Task instructions: Every record shown here must be duplicated without change.

Data to examine:
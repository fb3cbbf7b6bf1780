-- ===== src/Worker/Startup.antt =====
-- The start of services/worker/app/main.py: jobs that were in flight go back to the queue, events stuck
-- in processing are queued again or failed, and queued events without a job get one. A job is told by
-- its event; Redis and the table are taken to answer.
use share_sentinel.Prelude.{
  ℕ, ◌+◌, ◌*◌, ◌^◌, ◌-◌, ◌/◌, String, Bool, not, List, [], ◌∷◌, ◌++◌, filter, elem, leb,
  if◌then◌else◌,
}
use share_sentinel.Worker.Events.{
  failed, EventRow, Events, failure_reason, or_zero, update_event_status, requeue_event, is_stuck,
  is_orphaned,
}
use share_sentinel.Worker.Job.{Config}

-- The list of jobs and that of the jobs in flight.
pub record Broker : Type 0 where
  pub queue : List String
  pub in_flight : List String

pub record Station : Type 0 where
  pub events : Events
  pub broker : Broker

-- LMOVE from the left to the left, until nothing is in flight.
unfoldable pub reclaim : (in_flight queue : List String) → List String
reclaim [] queue = queue
reclaim (k ∷ ks) queue = reclaim ks (k ∷ queue)

abbrev pub reclaim_jobs : Station → Station
reclaim_jobs s = record s {
  broker = record { queue = reclaim s.broker.in_flight s.broker.queue; in_flight = [] };
}

-- RPUSH
abbrev pub enqueue : String → Station → Station
enqueue k s = record s { broker = record (s.broker) { queue = s.broker.queue ++ k ∷ [] } }

-- ORDER BY
module _ (key : EventRow → ℕ) where
  unfoldable pub insert_row : EventRow → List EventRow → List EventRow
  insert_row r [] = r ∷ []
  insert_row r (x ∷ xs) =
      let rest = insert_row r xs in if leb (key r) (key x) then r ∷ x ∷ xs else x ∷ rest

  unfoldable pub sort_rows : List EventRow → List EventRow
  unfolding insert_row
  sort_rows [] = []
  sort_rows (r ∷ rs) = insert_row r (sort_rows rs)

module _ (cfg : Config) (now : ℕ) where
  -- One round of the loop of `recover_stuck_events`.
  unfoldable pub recover_stuck : EventRow → Station → Station
  recover_stuck r s =
      if leb cfg.max_event_retries (or_zero r.retry_count)
      then record s {
        events =
            update_event_status now r.event_id failed
              (failure_reason "stuck_processing_max_retries") s.events;
      }
      else enqueue r.event_id (record s {
        events = (requeue_event now r.event_id "stuck_processing_recovery" s.events).0;
      })

  unfoldable pub recover_all : List EventRow → Station → Station
  unfolding recover_stuck
  recover_all [] s = s
  recover_all (r ∷ rs) s = recover_all rs (recover_stuck r s)

  -- `get_stuck_processing_events`
  unfoldable pub stuck_rows : (timeout_minutes : ℕ) → Events → List EventRow
  unfolding sort_rows
  stuck_rows timeout_minutes es =
      sort_rows (λ r. or_zero r.processing_started_at) (filter (is_stuck now timeout_minutes) es)

  unfoldable pub recover_stuck_events : (timeout_minutes : ℕ) → Station → Station
  unfolding recover_all stuck_rows
  recover_stuck_events timeout_minutes s = recover_all (stuck_rows timeout_minutes s.events) s

  abbrev pub max_of : ℕ → ℕ → ℕ
  max_of a b = if leb a b then b else a

  -- Past the longest backoff, at least ten minutes.
  abbrev pub min_age_minutes : ℕ
  min_age_minutes =
      max_of 10 (cfg.requeue_base_delay_seconds * 2 ^ (cfg.max_event_retries - 1) / 60 + 5)

  abbrev pub has_no_job : Broker → EventRow → Bool
  has_no_job b r = not (elem r.event_id (b.queue ++ b.in_flight))

  unfoldable pub enqueue_all : List EventRow → Station → Station
  enqueue_all [] s = s
  enqueue_all (r ∷ rs) s = enqueue_all rs (enqueue r.event_id s)

  -- The rows of `get_orphaned_queued_events` without a job.
  unfoldable pub orphans : Station → List EventRow
  unfolding sort_rows
  orphans s =
      filter (has_no_job s.broker)
        (sort_rows (λ r. r.updated_at) (filter (is_orphaned now min_age_minutes) s.events))

  unfoldable pub recover_orphaned_queued_events : Station → Station
  unfolding enqueue_all orphans
  recover_orphaned_queued_events s = enqueue_all (orphans s) s

  -- The sweeps in the order of `main`.
  unfoldable pub start_up : (timeout_minutes : ℕ) → Station → Station
  unfolding reclaim recover_stuck_events recover_orphaned_queued_events
  start_up timeout_minutes s =
      recover_orphaned_queued_events (recover_stuck_events timeout_minutes (reclaim_jobs s))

Exercise response:
repository fb3cbbf7b6bf1780
-- ===== src/Worker/Startup.antt =====
-- The start of services/worker/app/main.py: jobs that were in flight go back to the queue, events stuck
-- in processing are queued again or failed, and queued events without a job get one. A job is told by
-- its event; Redis and the table are taken to answer.
use share_sentinel.Prelude.{
  ℕ, ◌+◌, ◌*◌, ◌^◌, ◌-◌, ◌/◌, String, Bool, not, List, [], ◌∷◌, ◌++◌, filter, elem, leb,
  if◌then◌else◌,
}
use share_sentinel.Worker.Events.{
  failed, EventRow, Events, failure_reason, or_zero, update_event_status, requeue_event, is_stuck,
  is_orphaned,
}
use share_sentinel.Worker.Job.{Config}

-- The list of jobs and that of the jobs in flight.
pub record Broker : Type 0 where
  pub queue : List String
  pub in_flight : List String

pub record Station : Type 0 where
  pub events : Events
  pub broker : Broker

-- LMOVE from the left to the left, until nothing is in flight.
unfoldable pub reclaim : (in_flight queue : List String) → List String
reclaim [] queue = queue
reclaim (k ∷ ks) queue = reclaim ks (k ∷ queue)

abbrev pub reclaim_jobs : Station → Station
reclaim_jobs s = record s {
  broker = record { queue = reclaim s.broker.in_flight s.broker.queue; in_flight = [] };
}

-- RPUSH
abbrev pub enqueue : String → Station → Station
enqueue k s = record s { broker = record (s.broker) { queue = s.broker.queue ++ k ∷ [] } }

-- ORDER BY
module _ (key : EventRow → ℕ) where
  unfoldable pub insert_row : EventRow → List EventRow → List EventRow
  insert_row r [] = r ∷ []
  insert_row r (x ∷ xs) =
      let rest = insert_row r xs in if leb (key r) (key x) then r ∷ x ∷ xs else x ∷ rest

  unfoldable pub sort_rows : List EventRow → List EventRow
  unfolding insert_row
  sort_rows [] = []
  sort_rows (r ∷ rs) = insert_row r (sort_rows rs)

module _ (cfg : Config) (now : ℕ) where
  -- One round of the loop of `recover_stuck_events`.
  unfoldable pub recover_stuck : EventRow → Station → Station
  recover_stuck r s =
      if leb cfg.max_event_retries (or_zero r.retry_count)
      then record s {
        events =
            update_event_status now r.event_id failed
              (failure_reason "stuck_processing_max_retries") s.events;
      }
      else enqueue r.event_id (record s {
        events = (requeue_event now r.event_id "stuck_processing_recovery" s.events).0;
      })

  unfoldable pub recover_all : List EventRow → Station → Station
  unfolding recover_stuck
  recover_all [] s = s
  recover_all (r ∷ rs) s = recover_all rs (recover_stuck r s)

  -- `get_stuck_processing_events`
  unfoldable pub stuck_rows : (timeout_minutes : ℕ) → Events → List EventRow
  unfolding sort_rows
  stuck_rows timeout_minutes es =
      sort_rows (λ r. or_zero r.processing_started_at) (filter (is_stuck now timeout_minutes) es)

  unfoldable pub recover_stuck_events : (timeout_minutes : ℕ) → Station → Station
  unfolding recover_all stuck_rows
  recover_stuck_events timeout_minutes s = recover_all (stuck_rows timeout_minutes s.events) s

  abbrev pub max_of : ℕ → ℕ → ℕ
  max_of a b = if leb a b then b else a

  -- Past the longest backoff, at least ten minutes.
  abbrev pub min_age_minutes : ℕ
  min_age_minutes =
      max_of 10 (cfg.requeue_base_delay_seconds * 2 ^ (cfg.max_event_retries - 1) / 60 + 5)

  abbrev pub has_no_job : Broker → EventRow → Bool
  has_no_job b r = not (elem r.event_id (b.queue ++ b.in_flight))

  unfoldable pub enqueue_all : List EventRow → Station → Station
  enqueue_all [] s = s
  enqueue_all (r ∷ rs) s = enqueue_all rs (enqueue r.event_id s)

  -- The rows of `get_orphaned_queued_events` without a job.
  unfoldable pub orphans : Station → List EventRow
  unfolding sort_rows
  orphans s =
      filter (has_no_job s.broker)
        (sort_rows (λ r. r.updated_at) (filter (is_orphaned now min_age_minutes) s.events))

  unfoldable pub recover_orphaned_queued_events : Station → Station
  unfolding enqueue_all orphans
  recover_orphaned_queued_events s = enqueue_all (orphans s) s

  -- The sweeps in the order of `main`.
  unfoldable pub start_up : (timeout_minutes : ℕ) → Station → Station
  unfolding reclaim recover_stuck_events recover_orphaned_queued_events
  start_up timeout_minutes s =
      recover_orphaned_queued_events (recover_stuck_events timeout_minutes (reclaim_jobs s))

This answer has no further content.